• TASK DESCRIPTION: Please repeat the lines below, exactly and only, from the one that holds "((c.taken ≡ true)" through the one that holds "score_id_by_version = λ version. none;".

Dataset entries
*** Begin section ***
-- ===== src/Tests/Signals.antt =====
-- Consensus and attempts, on concrete scores.
use tera_trade.Risk.ChartZoneGate.{check_chart_zone}
use tera_trade.Risk.TiltGate.{
  check_tilt_alignment, TiltReading, tilt_max_age_ms, tilt_reading, updated_at,
}
use tera_trade.Execution.Engine.{Decision, skipped_score, taken}
use tera_trade.Number.Fixed.{Fixed, Fixed-IsOrdered, fixed_number}
use tera_trade.Signals.Consensus.{GatedByVersion, GatedScore, determine_consensus}
use tera_trade.Signals.Consensus.Agreed.{IsAgreed, determine_consensus_iff}
use tera_trade.Scoring.SessionPerformance.Best.{
  IsBest, IsColdStart, select_session_best_version-IsBest,
}
use tera_trade.Signals.Consensus.Representative.{
  IsChosen, Takes, determine_consensus-representative, representative_lead,
}
use tera_trade.Signals.Attempt.Gated.{
  IsCleared, IsUntouched, attempt_execution-IsCleared, attempt_execution_live, is_attempt,
}
use tera_trade.Prelude.{
  List, [], false, none, refl, some, true, ℕ, ◌↔◌, ◌∷◌, ◌≡◌, ◌⊎◌, Any, String, ◌+◌, ◌≤◌,
}
use tera_trade.Scoring.SessionPerformance.{
  SessionPerformanceSelection, SessionVersionStats, min_session_samples_per_version,
  select_session_best_version,
}
use tera_trade.Execution.Mode.{StrategyVersion, v1, v2, v3, v5, Gate, live}
use tera_trade.Analytics.Session.{london}
use tera_trade.Prelude.Int.{pos}
use tera_trade.Risk.Engine.{AssessReason, RiskAssessment, generic_plan}
use tera_trade.Signals.Attempt.{
  AttemptParams, Brokers, EntrySettings, Readings, Venue, World, attempt_execution, browser,
}
use tera_trade.Risk.ChartZoneGate.Inside.{Contains, active_zones}
use tera_trade.Brokers.Simulated.{SimulatedBroker}
use tera_trade.Risk.TiltGate.Alignment.{Wins}
use tera_trade.Market.{long, opposite}
use tera_trade.Tests.Data.{whole_points}
use tera_trade.Tests.Gates.{chart, snapshot}
use tera_trade.Tests.Execution.{client, empty_broker, empty_database, settings}

abbrev stats_of : StrategyVersion → ℕ → ℕ → SessionVersionStats Fixed
stats_of version count rate = record {
  version = version;
  resolved_count = count;
  win_rate = pos rate;
}

abbrev session_stats : List (SessionVersionStats Fixed)
session_stats =
    stats_of v1 40 3000 ∷ stats_of v2 25 3200 ∷ stats_of v3 5 9000 ∷ stats_of v5 60 3100 ∷ []

best_is_v2 :
    (select_session_best_version session_stats min_session_samples_per_version).selected_version
    ≡ v2
unfolding select_session_best_version
best_is_v2 = refl

select_session_best_version-IsBest_example :
    let s = select_session_best_version session_stats 20 in
    ((s.cold_start ≡ true) × IsColdStart Fixed-IsOrdered 20 session_stats)
    ⊎ ((s.cold_start ≡ false)
        × ((b : SessionVersionStats Fixed) × (b.version ≡ s.selected_version)
            × IsBest Fixed-IsOrdered 20 session_stats b))
select_session_best_version-IsBest_example =
    select_session_best_version-IsBest Fixed-IsOrdered session_stats 20

abbrev score_of : Decision → ℕ → GatedScore Fixed
score_of decision probability = record { probability = pos probability; decision = decision }

abbrev scores : GatedByVersion Fixed
scores v1 = score_of taken 7000
scores v2 = score_of taken 6800
scores v3 = score_of skipped_score 4000
scores _ = score_of skipped_score 3000

abbrev selection : SessionPerformanceSelection Fixed
selection = record { selected_version = v2; cold_start = false; stats_by_version = session_stats }

consensus_taken : (determine_consensus scores selection london).representative_version ≡ some v2
unfolding determine_consensus
consensus_taken = refl

determine_consensus_iff_example :
    ((determine_consensus scores selection london).taken ≡ true) ↔ IsAgreed scores selection
determine_consensus_iff_example = determine_consensus_iff scores selection london

determine_consensus-representative_example :
    let c = determine_consensus scores selection london in
    ((c.taken ≡ false) × (c.representative_version ≡ none))
    ⊎ ((c.taken ≡ true)
        × ((r : StrategyVersion) × (c.representative_version ≡ some r)
            × IsChosen scores selection r
            × (Takes scores (representative_lead selection) → r ≡ representative_lead selection)))
determine_consensus-representative_example =
    determine_consensus-representative scores selection london

abbrev gate : Gate Fixed
gate = record { row = none; live_broker_connected = true; tradesea_live_broker_connected = false }

abbrev entry_settings : EntrySettings
entry_settings = record {
  mode_settings = settings;
  price_source = browser;
  order_flow_enabled = true;
  tilt_gate_enabled = true;
  chart_zone_gate_enabled = true;
}

abbrev venue : Venue Fixed (SimulatedBroker Fixed)
venue = record { client = client; account_id = "sim-1" }

abbrev brokers : Brokers Fixed (SimulatedBroker Fixed)
brokers = record { simulated_broker = venue; live_broker = some venue }

abbrev readings : Readings Fixed
readings = record { order_flow = snapshot; now_ms = 60_000; chart = chart }

abbrev assessed : RiskAssessment Fixed
assessed = record {
  approved = true;
  quantity = 2;
  stop_price = some (whole_points 4996);
  take_profit_price = some (whole_points 5012);
  trail_ticks = none;
  stop_distance_points = some (whole_points 4);
  reason = generic_plan;
  trip_kill_switch = false;
  nearest_sr_level = none;
  target_sr_level = none;
}

abbrev attempt : AttemptParams Fixed (SimulatedBroker Fixed)
attempt = record {
  consensus = determine_consensus scores selection london;
  assessment = some assessed;
  gated_by_version = scores;
  score_id_by_version = λ version. none;
  mode = live;
  signal = record { strategy_id = "breakout"; symbol = "NQ"; side = long };
  close_price = whole_points 5000;
  entry_price = whole_points 5000;
  broker_override = none;
}

abbrev world : World Fixed (SimulatedBroker Fixed)
world = record { gate = gate; broker_state = empty_broker; database = empty_database }

abbrev no_text : AssessReason → String
no_text reason = ""

-- The attempt places an order.
attempted_live :
    is_attempt (attempt_execution no_text entry_settings readings brokers attempt world).0 ≡ true
unfolding attempt_execution determine_consensus check_tilt_alignment check_chart_zone
attempted_live = refl

attempt_execution-IsCleared_example :
    let o = attempt_execution no_text entry_settings readings brokers attempt world in
    ((is_attempt o.0 ≡ false) × IsUntouched world o.1)
    ⊎ ((is_attempt o.0 ≡ true) × IsCleared entry_settings readings attempt × (o.1.gate ≡ gate))
attempt_execution-IsCleared_example =
    attempt_execution-IsCleared no_text entry_settings readings brokers attempt world

attempt_execution_live_example :
    Any (Contains (whole_points 5000)) (active_zones chart "NQ")
    × ((q : TiltReading Fixed) × (t : ℕ) × (tilt_reading snapshot ≡ some q)
        × (updated_at snapshot ≡ some t)
        × (60_000 ≤ t + tilt_max_age_ms)
        × ¬ Wins q (opposite long))
attempt_execution_live_example =
    attempt_execution_live no_text entry_settings readings brokers attempt world refl refl refl
      attempted_live
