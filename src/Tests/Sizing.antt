-- ===== src/Tests/Sizing.antt =====
-- Sizes of the test account.
use tera_trade.Prelude.{arith, ◌≡◌, ◌≤◌, refl}
use tera_trade.Prelude.Int.{pos}
use tera_trade.Number.Fixed.{fixed_number, Fixed-IsOrdered}
use tera_trade.Tests.Data.{tiers, whole_points}
use tera_trade.Risk.Sizing.{compute_position_size, compute_confidence_tier_quantity}
use tera_trade.Risk.Sizing.Tiers.{compute_confidence_tier_quantity_mono, IsLadder}

sized : (compute_position_size (whole_points 200) (whole_points 4) (whole_points 5) 5).quantity ≡ 5
unfolding compute_position_size
sized = refl

tiers_taken : compute_confidence_tier_quantity (pos 7500) 5 tiers ≡ 2
unfolding compute_confidence_tier_quantity
tiers_taken = refl

tiers-IsLadder : IsLadder tiers
tiers-IsLadder = ground arith

compute_confidence_tier_quantity_mono_example :
    compute_confidence_tier_quantity (pos 6500) 5 tiers
    ≤ compute_confidence_tier_quantity (pos 7500) 5 tiers
compute_confidence_tier_quantity_mono_example =
    compute_confidence_tier_quantity_mono Fixed-IsOrdered (pos 6500) (pos 7500) 5 tiers
      tiers-IsLadder refl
*** End section ***
• ANSWER TO THE PROBLEM:
    ⊎ ((c.taken ≡ true)
        × ((r : StrategyVersion) × (c.representative_version ≡ some r)
            × IsChosen scores selection r
            × (Takes scores (representative_lead selection) → r ≡ representative_lead selection)))
determine_consensus-representative_example =
    determine_consensus-representative scores selection london

abbrev gate : Gate Fixed
gate = record { row = none; live_broker_connected = true; tradesea_live_broker_connected = false }

abbrev entry_settings : EntrySettings
entry_settings = record {
  mode_settings = settings;
  price_source = browser;
  order_flow_enabled = true;
  tilt_gate_enabled = true;
  chart_zone_gate_enabled = true;
}

abbrev venue : Venue Fixed (SimulatedBroker Fixed)
venue = record { client = client; account_id = "sim-1" }

abbrev brokers : Brokers Fixed (SimulatedBroker Fixed)
brokers = record { simulated_broker = venue; live_broker = some venue }

abbrev readings : Readings Fixed
readings = record { order_flow = snapshot; now_ms = 60_000; chart = chart }

abbrev assessed : RiskAssessment Fixed
assessed = record {
  approved = true;
  quantity = 2;
  stop_price = some (whole_points 4996);
  take_profit_price = some (whole_points 5012);
  trail_ticks = none;
  stop_distance_points = some (whole_points 4);
  reason = generic_plan;
  trip_kill_switch = false;
  nearest_sr_level = none;
  target_sr_level = none;
}

abbrev attempt : AttemptParams Fixed (SimulatedBroker Fixed)
attempt = record {
  consensus = determine_consensus scores selection london;
  assessment = some assessed;
  gated_by_version = scores;
  score_id_by_version = λ version. none;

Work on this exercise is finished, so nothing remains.